> **Required action**
Every entry below must be transcribed exactly, with no line missing.

Items from a dataset
[Start of Attachment]

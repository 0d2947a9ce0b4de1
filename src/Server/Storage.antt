-- ===== src/Server/Storage.antt =====
-- internal/server/storage/storage.go: what the backends of the server's store share. The `Store`
-- interface has one model, the memory backend; Redis is a service behind a third-party client.
pub mod Quotes
pub mod Memory
use spectre.Prelude.{
  ℕ, ◌≡◌, Bool, true, false, not, ◌||◌, ◌&&◌, ◌↔◌, Option, none, some, ◌++◌, List, Text, text,
  arith, Eq, ◌==◌, eq_iff, text_eq, ltb, refl, sym, ap, [], Bool-cases, inl, inr, ◌∙◌,
}
use spectre.Model.{Direction, direction_eq, Quarantine, State}

-- `strconv.Quote`, which a prefix parser (`strconv.QuotedPrefix`, then `Unquote`) undoes.
pub record Quoting : Type 0 where
  pub quote : Text → Text
  pub unquote : Text → Option (Text × Text)
  pub unquote-quote : (s rest : Text) → unquote (quote s ++ rest) ≡ some (s, rest)

-- `received`: a state as stored, with when the server received it.
pub record Received : Type 0 where
  pub state : State
  pub at : ℕ

-- `sourceKey`.
pub record SourceKey : Type 0 where
  pub service : Text
  pub environment : Text
  pub direction : Direction

abbrev pub source_key_beq : SourceKey → SourceKey → Bool
source_key_beq a b =
    a.service == b.service && (a.environment == b.environment && a.direction == b.direction)

pub source_key_beq_iff : (a b : SourceKey) → (source_key_beq a b ≡ true) ↔ (a ≡ b)
source_key_beq_iff a b =
    let s = eq_iff a.service b.service in
    let e = eq_iff a.environment b.environment in
    let d = eq_iff a.direction b.direction in
    (λ h. ground (arith, s, e, d), λ h. ground (arith, s, e, d))

instance abbrev pub source_key_eq : Eq SourceKey
source_key_eq = record { beq = source_key_beq; beq_iff = source_key_beq_iff }

-- `existing.Since.After(incoming.Since)`, if there is a stored quarantine.
abbrev pub began_later : Option Quarantine → Quarantine → Bool
began_later none incoming = false
began_later (some existing) incoming = ltb incoming.since existing.since

-- `!incoming.Since.After(at)`, if there was a clear.
abbrev pub began_before : Option ℕ → Quarantine → Bool
began_before none incoming = false
began_before (some at) incoming = not (ltb at incoming.since)

-- `ignored`.
unfoldable pub ignored : Option Quarantine → Option ℕ → Quarantine → Bool
ignored stored cleared incoming = began_later stored incoming || began_before cleared incoming

module _ (q : Quoting) where
  open q use {quote, unquote, unquote-quote}

  -- `stateKey`.
  unfoldable pub state_key : Text → Text → Text
  state_key service environment = quote service ++ (text " " ++ quote environment)

  -- The key is unambiguous whatever characters its parts hold.
  pub state_key-injective : (s t e f : Text) → state_key s e ≡ state_key t f → (s ≡ t) × (e ≡ f)
  unfolding state_key
  state_key-injective s t e f h = (cc first, cc (first, unquote-quote e [], unquote-quote f []))
    where
      first :
          ◌≡◌ {A = Option (Text × Text)}
            (some (s, text " " ++ quote e))
            (some (t, text " " ++ quote f))
      first =
          sym (unquote-quote s (text " " ++ quote e))
          ∙ ap unquote h
          ∙ unquote-quote t (text " " ++ quote f)

  pub state_key_iff : (s t e f : Text) → (state_key s e == state_key t f) ≡ (s == t && e == f)
  state_key_iff s t e f =
      let k = eq_iff (state_key s e) (state_key t f) in
      elim (Bool-cases (state_key s e == state_key t f)) [
        | inl same ↦
            let (p, r) = state_key-injective s t e f (k.0 same) in
            rw same (ground (arith, eq_iff s t, eq_iff e f))
        | inr apart ↦ rw apart (ground (arith, eq_iff s t, eq_iff e f, k))
      ]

[End of Attachment]

> **Task solution**
repository 0d2947a9ce0b4de1
filename src/Server/Storage.antt
-- ===== src/Server/Storage.antt =====
-- internal/server/storage/storage.go: what the backends of the server's store share. The `Store`
-- interface has one model, the memory backend; Redis is a service behind a third-party client.
pub mod Quotes
pub mod Memory
use spectre.Prelude.{
  ℕ, ◌≡◌, Bool, true, false, not, ◌||◌, ◌&&◌, ◌↔◌, Option, none, some, ◌++◌, List, Text, text,
  arith, Eq, ◌==◌, eq_iff, text_eq, ltb, refl, sym, ap, [], Bool-cases, inl, inr, ◌∙◌,
}
use spectre.Model.{Direction, direction_eq, Quarantine, State}

-- `strconv.Quote`, which a prefix parser (`strconv.QuotedPrefix`, then `Unquote`) undoes.
pub record Quoting : Type 0 where
  pub quote : Text → Text
  pub unquote : Text → Option (Text × Text)
  pub unquote-quote : (s rest : Text) → unquote (quote s ++ rest) ≡ some (s, rest)

-- `received`: a state as stored, with when the server received it.
pub record Received : Type 0 where
  pub state : State
  pub at : ℕ

-- `sourceKey`.
pub record SourceKey : Type 0 where
  pub service : Text
  pub environment : Text
  pub direction : Direction

abbrev pub source_key_beq : SourceKey → SourceKey → Bool
source_key_beq a b =
    a.service == b.service && (a.environment == b.environment && a.direction == b.direction)

pub source_key_beq_iff : (a b : SourceKey) → (source_key_beq a b ≡ true) ↔ (a ≡ b)
source_key_beq_iff a b =
    let s = eq_iff a.service b.service in
    let e = eq_iff a.environment b.environment in
    let d = eq_iff a.direction b.direction in
    (λ h. ground (arith, s, e, d), λ h. ground (arith, s, e, d))

instance abbrev pub source_key_eq : Eq SourceKey
source_key_eq = record { beq = source_key_beq; beq_iff = source_key_beq_iff }

-- `existing.Since.After(incoming.Since)`, if there is a stored quarantine.
abbrev pub began_later : Option Quarantine → Quarantine → Bool
began_later none incoming = false
began_later (some existing) incoming = ltb incoming.since existing.since

-- `!incoming.Since.After(at)`, if there was a clear.
abbrev pub began_before : Option ℕ → Quarantine → Bool
began_before none incoming = false
began_before (some at) incoming = not (ltb at incoming.since)

-- `ignored`.
unfoldable pub ignored : Option Quarantine → Option ℕ → Quarantine → Bool
ignored stored cleared incoming = began_later stored incoming || began_before cleared incoming

module _ (q : Quoting) where
  open q use {quote, unquote, unquote-quote}

  -- `stateKey`.
  unfoldable pub state_key : Text → Text → Text
  state_key service environment = quote service ++ (text " " ++ quote environment)

  -- The key is unambiguous whatever characters its parts hold.
  pub state_key-injective : (s t e f : Text) → state_key s e ≡ state_key t f → (s ≡ t) × (e ≡ f)
  unfolding state_key
  state_key-injective s t e f h = (cc first, cc (first, unquote-quote e [], unquote-quote f []))
    where
      first :
          ◌≡◌ {A = Option (Text × Text)}
            (some (s, text " " ++ quote e))
            (some (t, text " " ++ quote f))
      first =
          sym (unquote-quote s (text " " ++ quote e))
          ∙ ap unquote h
          ∙ unquote-quote t (text " " ++ quote f)

  pub state_key_iff : (s t e f : Text) → (state_key s e == state_key t f) ≡ (s == t && e == f)
  state_key_iff s t e f =
      let k = eq_iff (state_key s e) (state_key t f) in
      elim (Bool-cases (state_key s e == state_key t f)) [
        | inl same ↦
            let (p, r) = state_key-injective s t e f (k.0 same) in
            rw same (ground (arith, eq_iff s t, eq_iff e f))
        | inr apart ↦ rw apart (ground (arith, eq_iff s t, eq_iff e f, k))
      ]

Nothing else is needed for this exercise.